Fluorescence excitation and emission spectra

To define the spectral signature of chromophore in cone photoreceptors, freshly isolated retinas were transversally sectioned using a vibrating microtome as described above, a section was place between slide and coverslip in Permafluor mounting medium to expose cone inner segments to wavelengths ranging from 300 to 490 nm in 15 nm increments. The corresponding emission spectra were recorded using focused excitation, a high-λ-pass filter to remove the excitation, and confocal detection with an Andor Shamrock SR303i spectrometer and Andor Ixon 3 EM-CCD (Andor Technology, Belfast, Northern Ireland). The resulting excitation–emission matrix was normalized by the excitation intensity to compensate its spectral variations, although this increases noises below 400 nm, where the available excitation intensity is weaker.

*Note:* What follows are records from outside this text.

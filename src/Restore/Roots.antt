-- ===== src/Restore/Roots.antt =====
-- Where the old and the new value of one root stand during a transaction, and what installing and
-- reverting the root do there, whatever faults they meet.
use octa.Common.{Bool, true, false, Option, none, some, List, ◌≡◌, refl}
use octa.Restore.Exec.{Fault, continue}
use octa.Restore.Exec.Ends.{Ends, Ends-act, Ends-continue, then-act, at_return}
use octa.Restore.Exec.Loops.{Turns}
use octa.Restore.State.{Root, live, staged, rename, sync_rename_parents}
use octa.Restore.Transaction.{extract, make_backup_parent, back_up, replace}

-- What a root held when the transaction began, and what its bundle holds.
pub data Target (V : Type 0) : Type 0 where
  absent : V → Target V
  present : (old new : V) → Target V

module _ {V : Type 0} where
  abbrev pub before : Target V → Option V
  before (absent n) = none
  before (present o n) = some o

  abbrev pub bundle : Target V → V
  bundle (absent n) = n
  bundle (present o n) = n

  abbrev pub was_there : Target V → Bool
  was_there (absent n) = false
  was_there (present o n) = true

  abbrev pub root_of : Target V → (l s b : Option V) → Root V
  root_of t l s b = record {
    had_original = was_there t;
    bundled = bundle t;
    live = l;
    staged = s;
    saved = b;
  }

  pub data Unstaged : Target V → Root V → Type 0 where
    unstaged : (t : Target V) → Unstaged t (root_of t (before t) none none)

  pub data Untouched : Target V → Root V → Type 0 where
    untouched : (t : Target V) → Untouched t (root_of t (before t) (some (bundle t)) none)

  pub data BackedUp : Target V → Root V → Type 0 where
    nothing_to_save : (n : V) → BackedUp (absent n) (root_of (absent n) none (some n) none)
    backed_up : (o n : V) → BackedUp (present o n) (root_of (present o n) none (some n) (some o))

  pub data Installed : Target V → Root V → Type 0 where
    installed : (t : Target V) → Installed t (root_of t (some (bundle t)) none (before t))

  pub data Phase : Target V → Root V → Type 0 where
    is_untouched : (t : Target V) (r : Root V) → Untouched t r → Phase t r
    is_backed_up : (t : Target V) (r : Root V) → BackedUp t r → Phase t r
    is_installed : (t : Target V) (r : Root V) → Installed t r → Phase t r

  abbrev pub LiveOld : Target V → Root V → Type 0
  LiveOld t r = r.live ≡ before t

  abbrev pub LiveNew : Target V → Root V → Type 0
  LiveNew t r = r.live ≡ some (bundle t)

  pub Unstaged-LiveOld : (t : Target V) (r : Root V) → Unstaged t r → LiveOld t r
  Unstaged-LiveOld t _ (unstaged _) = refl

  pub Untouched-LiveOld : (t : Target V) (r : Root V) → Untouched t r → LiveOld t r
  Untouched-LiveOld t _ (untouched _) = refl

  pub Installed-LiveNew : (t : Target V) (r : Root V) → Installed t r → LiveNew t r
  Installed-LiveNew t _ (installed _) = refl

  pub extract-Turns : Turns Unstaged Untouched LiveOld (extract {V = V})
  unfolding extract
  extract-Turns t _ fs (unstaged _) = Ends-act _ _ _ fs refl refl (untouched t)

  pub make_backup_parent-Turns : Turns Untouched Untouched LiveOld (make_backup_parent {V = V})
  unfolding make_backup_parent
  make_backup_parent-Turns _ _ fs (untouched (absent n)) = at_return tt _ fs (untouched _)
  make_backup_parent-Turns _ _ fs (untouched (present o n)) =
      Ends-act _ _ _ fs refl refl (untouched _)

  back_up-Turns : Turns Untouched BackedUp Phase (back_up {V = V})
  unfolding back_up rename sync_rename_parents
  back_up-Turns _ _ fs (untouched (absent n)) = at_return tt _ fs (nothing_to_save n)
  back_up-Turns _ _ fs (untouched (present o n)) =
      let whole = is_untouched _ _ (untouched (present o n)) in
      let saved = is_backed_up _ _ (backed_up o n) in
      then-act _ _ _ fs _ whole whole λ gs.
        then-act _ _ _ gs _ whole whole
          λ hs. then-act _ _ _ hs _ saved saved λ is. Ends-act _ _ _ is saved saved (backed_up o n)

  install-Turns :
      (t : Target V) (r : Root V) (fs : List Fault)
      → BackedUp t r
      → Ends
          (λ _. Installed t)
          (Phase t)
          (Phase t)
          fs
          (continue (rename staged live r fs) λ _. sync_rename_parents)
  unfolding rename sync_rename_parents
  install-Turns t _ fs (nothing_to_save n) =
      let kept = is_backed_up _ _ (nothing_to_save n) in
      let done = is_installed _ _ (installed (absent n)) in
      then-act _ _ _ fs _ kept kept
        λ gs. then-act _ _ _ gs _ done done λ hs. Ends-act _ _ _ hs done done (installed (absent n))
  install-Turns t _ fs (backed_up o n) =
      let kept = is_backed_up _ _ (backed_up o n) in
      let done = is_installed _ _ (installed (present o n)) in
      then-act _ _ _ fs _ kept kept λ gs.
        then-act _ _ _ gs _ done done λ hs. Ends-act _ _ _ hs done done (installed (present o n))

  pub replace-Turns : Turns Untouched Installed Phase (replace {V = V})
  unfolding replace
  replace-Turns t r fs h =
      let whole = is_untouched t r h in
      then-act _ _ _ fs _ whole whole λ gs.
        Ends-continue (λ _. BackedUp t) _ _ (back_up-Turns t r gs h)
          λ _ q hs k.
            let kept = is_backed_up t q k in
            then-act _ _ _ hs _ kept kept λ is. install-Turns t q is k
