-- ===== src/Restore/Revert.antt =====
-- What rollback and cleanup do with one root, from every point that installing may have reached.
use octa.Common.{true, Option, none, some, List, sym, subst, if◌then◌else◌}
use octa.Restore.Exec.{Fault, continue, ◌>>◌, step, pure, raise, metadata_error}
use octa.Restore.Exec.Ends.{Ends, Ends-act, Ends-continue, then-act, then-observe, at_return}
use octa.Restore.Exec.Loops.{Turns}
use octa.Restore.State.{
  Root, live, staged, saved, path_exists, rename, sync_rename_parents, discard, is_some,
}
use octa.Restore.Transaction.{return_installed, revert_original, revert_new, revert, check_live}
use octa.Restore.Roots.{
  Target, absent, present, root_of, Untouched, untouched, BackedUp, backed_up, nothing_to_save,
  Installed, installed, Phase, is_untouched, is_backed_up, is_installed, LiveNew,
}

module _ {V : Type 0} where
  give_back-Ends :
      (o n : V) (r : Root V) (fs : List Fault)
      → BackedUp (present o n) r
      → Ends
          (λ _. Untouched (present o n))
          (Phase (present o n))
          (Phase (present o n))
          fs
          ((do step; rename saved live; sync_rename_parents) r fs)
  unfolding rename sync_rename_parents
  give_back-Ends _ _ _ fs (backed_up o n) =
      let saved = is_backed_up _ _ (backed_up o n) in
      let whole = is_untouched _ _ (untouched (present o n)) in
      then-act _ _ _ fs _ saved saved λ gs.
        then-act _ _ _ gs _ saved saved
          λ hs. then-act _ _ _ hs _ whole whole λ is. Ends-act _ _ _ is whole whole (untouched _)

  return_installed-Ends :
      (o n : V) (fs : List Fault)
      → let t = present o n in
        Ends
          (λ _. BackedUp t)
          (Phase t)
          (Phase t)
          fs
          (return_installed true (root_of t (some n) none (some o)) fs)
  unfolding return_installed path_exists rename sync_rename_parents
  return_installed-Ends o n fs =
      let new = is_installed _ _ (installed (present o n)) in
      let saved = is_backed_up _ _ (backed_up o n) in
      then-observe _ _ fs _ new new λ gs. then-act _ _ _ gs _ new new λ hs.
        then-act _ _ _ hs _ new new
          λ is. then-act _ _ _ is _ saved saved λ js. Ends-act _ _ _ js saved saved (backed_up o n)

  take_back-Ends :
      (n : V) (fs : List Fault)
      → let t = absent n in
        Ends
          (λ _. Untouched t)
          (Phase t)
          (Phase t)
          fs
          (continue (rename live staged (root_of t (some n) none none) fs) λ _. sync_rename_parents)
  unfolding rename sync_rename_parents
  take_back-Ends n fs =
      let new = is_installed _ _ (installed (absent n)) in
      let whole = is_untouched _ _ (untouched (absent n)) in
      then-act _ _ _ fs _ new new
        λ gs. then-act _ _ _ gs _ whole whole λ hs. Ends-act _ _ _ hs whole whole (untouched _)

  Untouched-Turns : Turns Untouched Untouched Phase (revert {V = V})
  unfolding revert revert_new revert_original path_exists continue
  Untouched-Turns _ _ fs (untouched (absent n)) =
      let whole = is_untouched _ _ (untouched (absent n)) in
      then-observe _ _ fs _ whole whole
        λ gs. then-observe _ _ gs _ whole whole λ hs. at_return tt _ hs (untouched _)
  Untouched-Turns _ _ fs (untouched (present o n)) =
      let whole = is_untouched _ _ (untouched (present o n)) in
      then-observe _ _ fs _ whole whole
        λ gs. then-observe _ _ gs _ whole whole λ hs. at_return tt _ hs (untouched _)

  BackedUp-Turns : Turns BackedUp Untouched Phase (revert {V = V})
  unfolding revert revert_original return_installed path_exists continue
  BackedUp-Turns _ _ fs (nothing_to_save n) = Untouched-Turns _ _ fs (untouched (absent n))
  BackedUp-Turns _ _ fs (backed_up o n) =
      let saved = is_backed_up _ _ (backed_up o n) in
      then-observe _ _ fs _ saved saved
        λ gs. then-observe _ _ gs _ saved saved λ hs. give_back-Ends _ _ _ hs (backed_up o n)

  Installed-Turns : Turns Installed Untouched Phase (revert {V = V})
  unfolding revert revert_new revert_original path_exists
  Installed-Turns _ _ fs (installed (absent n)) =
      let new = is_installed _ _ (installed (absent n)) in
      then-observe _ _ fs _ new new λ gs.
        then-observe _ _ gs _ new new λ hs. then-act _ _ _ hs _ new new λ is. take_back-Ends n is
  Installed-Turns _ _ fs (installed (present o n)) =
      let new = is_installed _ _ (installed (present o n)) in
      then-observe _ _ fs _ new new λ gs. then-observe _ _ gs _ new new λ hs.
        Ends-continue (λ _. BackedUp (present o n)) _ _ (return_installed-Ends o n hs)
          λ _. give_back-Ends o n

  pub revert-Turns : Turns Phase Untouched Phase (revert {V = V})
  revert-Turns t r fs (is_untouched _ _ h) = Untouched-Turns t r fs h
  revert-Turns t r fs (is_backed_up _ _ h) = BackedUp-Turns t r fs h
  revert-Turns t r fs (is_installed _ _ h) = Installed-Turns t r fs h

  -- Deleting the files of a transaction and looking at live files change no live file.
  pub discard-Turns :
      (P : Target V → Option V → Type 0)
      → Turns (λ t r. P t r.live) (λ t r. P t r.live) (λ t r. P t r.live) discard
  unfolding discard
  discard-Turns P t r fs h = then-act _ _ _ fs _ h h λ gs. Ends-act _ _ _ gs h h h

  pub check_live-Turns : Turns LiveNew LiveNew LiveNew (check_live {V = V})
  unfolding check_live path_exists
  check_live-Turns t r fs h = then-observe _ _ fs _ h h λ gs.
      subst
        (λ v.
          Ends (λ _. LiveNew t) (LiveNew t) (LiveNew t) gs
            ((if is_some v then pure tt else raise metadata_error) r gs))
        (sym h) (at_return tt r gs h)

Experiments were repeated at least three times. Results for cell viability and cell type quantifications after light exposure were therefore the averaged values of at least three independent experiments (represented biological replicates). For cell viability measurement, each experiment was the mean of at least three technical replicates. The data were normalized to dark control and represented as mean ± SEM. Statistical analyzes were performed using GraphPad Prism 7.03 Software (GraphPad Prism, La Jolla, CA, USA). One-way ANOVA followed by Dunnett’s post hoc tests were used to compare variances of all groups. Differences between samples and dark control were considered to be significant when p < 0.05 (*), p < 0.01 (**), p < 0.001 (***) or p < 0.0001 (****).